WHAT YOU WILL DO: Using the data below, return the stretch from the line that contains "abbrev pub labels" through the line that contains "let yes : str_eq", both included, exactly as it stands and nothing beyond it.

* * * * * * *

-- ===== src/State/Aggregate/Lines.antt =====
-- `get_aggregated_events`: which events of the log the lines of the panel stand for.
use k_blackbox.Base.{
  ℕ, zero, suc, ◌≤◌, ◌≡◌, ◌≢◌, refl, sym, ap, ap₂, subst, Bool-cases, ◌∙◌, ◌⊎◌, inl, inr, List, [],
  ◌∷◌, ◌++◌, map, true, false, String, str_eq, eq_iff, length, take, drop, replicate,
  take-append-drop, ltb, arith, if◌then◌else◌,
}
use k_blackbox.Words.{Time}
use k_blackbox.State.{
  AppState, UiEvent, UiEventLogEntry, get_events, checksum_ok, checksum_mismatch, incident_exported,
  incident_captured, fault_injected,
}
use k_blackbox.State.Aggregate.{
  EventColor, normal, info, warning, failure, Arg, text, number, debug, AggregatedEvent, is_ok_for,
  run_length, line_of, aggregate, get_aggregated_events,
}

-- A text and its colour: the template, the arguments and the colour.
abbrev pub Label : Type 0
Label = String × List Arg × EventColor

-- How one event reads.
abbrev pub shown : UiEvent → Label
shown (checksum_ok symbol) = ("CHECKSUM_OK {}", text symbol ∷ [], normal)
shown (checksum_mismatch symbol) = ("CHECKSUM_MISMATCH {}", text symbol ∷ [], failure)
shown (incident_exported path) = ("INCIDENT_EXPORTED {}", text path ∷ [], info)
shown (incident_captured id reason) =
    ("INCIDENT_CAPTURED {} ({})", text id ∷ text reason ∷ [], failure)
shown (fault_injected fault_type symbol) =
    ("FAULT_INJECTED {} {}", text fault_type ∷ text symbol ∷ [], warning)
shown other = ("{:?}", debug other ∷ [], normal)

abbrev pub repeated : AggregatedEvent → List Arg → List Label
repeated l (text symbol ∷ number n ∷ []) = replicate n ("CHECKSUM_OK {}", text symbol ∷ [], l.color)
repeated l args = (l.template, args, l.color) ∷ []

-- What a line says of single events: "CHECKSUM_OK s xn" says n times "CHECKSUM_OK s", and every other
-- line says itself.
abbrev pub expand : AggregatedEvent → List Label
expand l =
    if str_eq l.template "CHECKSUM_OK {} x{}"
    then repeated l l.args
    else (l.template, l.args, l.color) ∷ []

abbrev pub labels : List UiEventLogEntry → List Label
labels es = map (λ (e : UiEventLogEntry). shown e.event) es

-- The next event, if there is one, is not another `checksum_ok` of the symbol.
abbrev pub Ends : UiEvent → List UiEventLogEntry → Type 0
Ends (checksum_ok symbol) [] = Unit
Ends (checksum_ok symbol) (e ∷ es) = e.event ≢ checksum_ok symbol
Ends other es = Unit

-- The lines stand for the events up to `rest`: each line for the event `e` whose time it has and those
-- of `run`, up to where the run ends, and the next line for what follows.
abbrev pub Stands : List AggregatedEvent → List UiEventLogEntry → List UiEventLogEntry → Type 0
Stands [] es rest = es ≡ rest
Stands (l ∷ ls) es rest =
    (e : UiEventLogEntry) × (run : List UiEventLogEntry) × (next : List UiEventLogEntry) × (es
      ≡ e ∷ (run ++ next))
    × (l.timestamp ≡ e.timestamp)
    × (expand l ≡ labels (e ∷ run))
    × Ends e.event next
    × Stands ls next rest

is_ok_for_eq : (symbol : String) (e : UiEvent) → is_ok_for symbol e ≡ true → e ≡ checksum_ok symbol
is_ok_for_eq symbol (checksum_ok s) h = ap checksum_ok ((eq_iff s symbol).0 h)
is_ok_for_eq symbol other h = absurd (ground arith)

not_ok_for : (symbol : String) (e : UiEvent) → is_ok_for symbol e ≡ false → e ≢ checksum_ok symbol
not_ok_for symbol e h same =
    let yes : str_eq symbol symbol ≡ true = (eq_iff symbol symbol).1 refl in
    absurd (ground (arith, sym (ap (is_ok_for symbol) same) ∙ h, yes))

run-labels :
    (symbol : String) (es : List UiEventLogEntry)
    → labels (take (run_length symbol es) es)
      ≡ replicate (run_length symbol es) ("CHECKSUM_OK {}", text symbol ∷ [], normal)
unfolding run_length
run-labels symbol [] = refl
run-labels symbol (e ∷ es) = elim (Bool-cases (is_ok_for symbol e.event)) [
  | inl h ↦ rw h (ap₂ ◌∷◌ (ap shown (is_ok_for_eq symbol e.event h)) (run-labels symbol es))
  | inr h ↦ rw h refl
]

run-Ends :
    (symbol : String) (es : List UiEventLogEntry)
    → Ends (checksum_ok symbol) (drop (run_length symbol es) es)
unfolding run_length
run-Ends symbol [] = tt
run-Ends symbol (e ∷ es) = elim (Bool-cases (is_ok_for symbol e.event)) [
  | inl h ↦ rw h (run-Ends symbol es)
  | inr h ↦ rw h (not_ok_for symbol e.event h)
]

-- The line for an event stands for the event and the run that it covers.
line_of-expand :
    (at : Time) (es : List UiEventLogEntry) (e : UiEvent)
    → let (l, covered) = line_of at es e in
      (l.timestamp ≡ at)
      × (expand l ≡ shown e ∷ labels (take covered es))
      × Ends e (drop covered es)
unfolding line_of
line_of-expand at es (checksum_ok symbol) = elim (Bool-cases (ltb 1 (suc (run_length symbol es)))) [
  | inl h ↦ rw h (
    refl,
    ap (λ ls. shown (checksum_ok symbol) ∷ ls) (sym (run-labels symbol es)),
    run-Ends symbol es,
  )
  | inr h ↦
      let none : run_length symbol es ≡ 0 = ground (arith, h) in
      rw h
        (refl, refl, subst (λ n. Ends (checksum_ok symbol) (drop n es)) none (run-Ends symbol es))
]
line_of-expand at es other = (refl, refl, tt)

aggregate-Stands :
    (room : ℕ) (es : List UiEventLogEntry)
    → (rest : List UiEventLogEntry) × Stands (aggregate room es) es rest
      × (length (aggregate room es) ≤ room)
      × ((rest ≡ []) ⊎ (length (aggregate room es) ≡ room))
unfolding aggregate
aggregate-Stands zero es = (es, refl, omega arith, inr refl)
aggregate-Stands (suc room) [] = ([], refl, omega arith, inl refl)
aggregate-Stands (suc room) (e ∷ es) =
    let (l, covered) = line_of e.timestamp es e.event in
    let (at, same, ends) = line_of-expand e.timestamp es e.event in
    let (rest, stands, few, all) = aggregate-Stands room (drop covered es) in
    (
      rest,
      (
        e,
        take covered es,
        drop covered es,
        ap (◌∷◌ e) (sym (take-append-drop covered es)),
        at,
        same,
        ends,
        stands,
      ),
      omega arith,
      elim all [ inl e ↦ inl e | inr e ↦ inr (omega (arith, e)) ],
    )

module _ {D F : Type 0} where
  -- Whatever the limit, the lines of the panel stand for the events of the log from the oldest on, each
  -- event in one line and in order: a line has the time of its first event, says of single events what
  -- its events read one by one, and if its first event is a `checksum_ok`, then the event after its last
  -- is not a `checksum_ok` of the same symbol. There are at most `limit` lines, and events are left over
  -- only if there are just as many.
  pub get_aggregated_events-Stands :
      (limit : ℕ) (s : AppState D F)
      → (rest : List UiEventLogEntry) × Stands
          (get_aggregated_events limit s)
          (get_events 1000 s)
          rest
        × (length (get_aggregated_events limit s) ≤ limit)
        × ((rest ≡ []) ⊎ (length (get_aggregated_events limit s) ≡ limit))
  unfolding get_aggregated_events
  get_aggregated_events-Stands limit s = aggregate-Stands limit (get_events 1000 s)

* * * * * * *

RESPONSE TO THE EXERCISE:
abbrev pub labels : List UiEventLogEntry → List Label
labels es = map (λ (e : UiEventLogEntry). shown e.event) es

-- The next event, if there is one, is not another `checksum_ok` of the symbol.
abbrev pub Ends : UiEvent → List UiEventLogEntry → Type 0
Ends (checksum_ok symbol) [] = Unit
Ends (checksum_ok symbol) (e ∷ es) = e.event ≢ checksum_ok symbol
Ends other es = Unit

-- The lines stand for the events up to `rest`: each line for the event `e` whose time it has and those
-- of `run`, up to where the run ends, and the next line for what follows.
abbrev pub Stands : List AggregatedEvent → List UiEventLogEntry → List UiEventLogEntry → Type 0
Stands [] es rest = es ≡ rest
Stands (l ∷ ls) es rest =
    (e : UiEventLogEntry) × (run : List UiEventLogEntry) × (next : List UiEventLogEntry) × (es
      ≡ e ∷ (run ++ next))
    × (l.timestamp ≡ e.timestamp)
    × (expand l ≡ labels (e ∷ run))
    × Ends e.event next
    × Stands ls next rest

is_ok_for_eq : (symbol : String) (e : UiEvent) → is_ok_for symbol e ≡ true → e ≡ checksum_ok symbol
is_ok_for_eq symbol (checksum_ok s) h = ap checksum_ok ((eq_iff s symbol).0 h)
is_ok_for_eq symbol other h = absurd (ground arith)

not_ok_for : (symbol : String) (e : UiEvent) → is_ok_for symbol e ≡ false → e ≢ checksum_ok symbol
not_ok_for symbol e h same =
    let yes : str_eq symbol symbol ≡ true = (eq_iff symbol symbol).1 refl in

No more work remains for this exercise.